[Saved entries]
++++++
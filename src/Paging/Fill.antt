-- ===== src/Paging/Fill.antt =====
-- The table that the inner loop of `paging_create_chunk` fills.
use koko_os.Prelude.{
  ℕ, zero, suc, ◌+◌, ◌*◌, ◌%◌, ◌^◌, ◌≤◌, ◌<◌, ◌≡◌, refl, ◌∙◌, sym, ap, ◌⊎◌, inl, inr, arith,
  lt-cases, bit_or,
}
use koko_os.Bits.{bit_or_flags}
use koko_os.Ram.{Ram, load32, store32}
use koko_os.Ram.Words.{load32-store32_self, load32-store32_other, store32_outside}
use koko_os.Paging.{page_size, fill_table}

module _ (entry offset flags : ℕ) where
  abbrev word : ℕ → ℕ
  word j = bit_or ((offset + j * page_size) % 2 ^ 32) flags

  fill_outside :
      (n : ℕ) (ram : Ram) (j b : ℕ)
      → (b < entry + 4 * j) ⊎ (entry + 4 * (j + n) ≤ b)
      → fill_table n ram entry offset flags j b ≡ ram b
  unfolding fill_table
  fill_outside zero ram j b h = refl
  fill_outside (suc n) ram j b h =
      fill_outside n (store32 ram (entry + 4 * j) (word j)) (j + 1) b (omega arith)
      ∙ store32_outside ram (entry + 4 * j) (word j) b (omega arith)

  fill_before :
      (n : ℕ) (ram : Ram) (j b : ℕ)
      → b + 4 ≤ entry + 4 * j
      → load32 (fill_table n ram entry offset flags j) b ≡ load32 ram b
  unfolding fill_table
  fill_before zero ram j b h = refl
  fill_before (suc n) ram j b h =
      fill_before n (store32 ram (entry + 4 * j) (word j)) (j + 1) b (omega arith)
      ∙ load32-store32_other ram (entry + 4 * j) (word j) b (omega arith)

  fill_inside :
      (n : ℕ) (ram : Ram) (j k : ℕ)
      → word k < 2 ^ 32
      → j ≤ k
      → k < j + n
      → load32 (fill_table n ram entry offset flags j) (entry + 4 * k) ≡ word k
  unfolding fill_table
  fill_inside zero ram j k hw lo hi = absurd (omega arith)
  fill_inside (suc n) ram j k hw lo hi = elim (lt-cases j k) [
    | inl later ↦
        fill_inside n (store32 ram (entry + 4 * j) (word j)) (j + 1) k hw (omega arith)
          (omega arith)
    | inr now ↦
        let e : k ≡ j = omega arith in
        ap
          (λ i.
            load32 (fill_table n (store32 ram (entry + 4 * j) (word j)) entry offset flags (j + 1))
              (entry + 4 * i))
          e
        ∙ fill_before n (store32 ram (entry + 4 * j) (word j)) (j + 1) (entry + 4 * j) (omega arith)
        ∙ load32-store32_self ram (entry + 4 * j) (word j) (ground (arith, ap word e))
        ∙ ap word (sym e)
  ]

  -- With the flags of a byte, and an offset of whole pages whose 4 MB fit the address space, entry
  -- `k` is the address of page `k` behind the offset, plus the flags; and only the table is
  -- written.
  fill_table_lem :
      (ram : Ram)
      → offset % page_size ≡ 0
      → flags < 256
      → offset + 1024 * page_size ≤ 2 ^ 32
      → ((k : ℕ)
          → k < 1024
          → load32 (fill_table 1024 ram entry offset flags 0) (entry + 4 * k)
            ≡ offset + k * page_size + flags)
        × ((b : ℕ)
            → (b < entry) ⊎ (entry + 4096 ≤ b)
            → fill_table 1024 ram entry offset flags 0 b ≡ ram b)
  fill_table_lem ram aligned hf fits = (
    λ k hk.
        fill_inside 1024 ram 0 k (omega (arith, joined k hk)) (omega arith) (omega arith)
        ∙ joined k hk,
    λ b h. fill_outside 1024 ram 0 b (omega arith),
  )
    where
      joined : (k : ℕ) → k < 1024 → word k ≡ offset + k * page_size + flags
      joined k hk =
          let small : (offset + k * page_size) % 2 ^ 32 ≡ offset + k * page_size = omega arith in
          ap (λ (n : ℕ). bit_or n flags) small
          ∙ bit_or_flags (offset + k * page_size) flags (omega arith) (omega arith)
++++++
## ASSIGNMENT:
State how many lines of the data include the word "where", with nothing else.

## RESPONSE TO THIS TASK:
2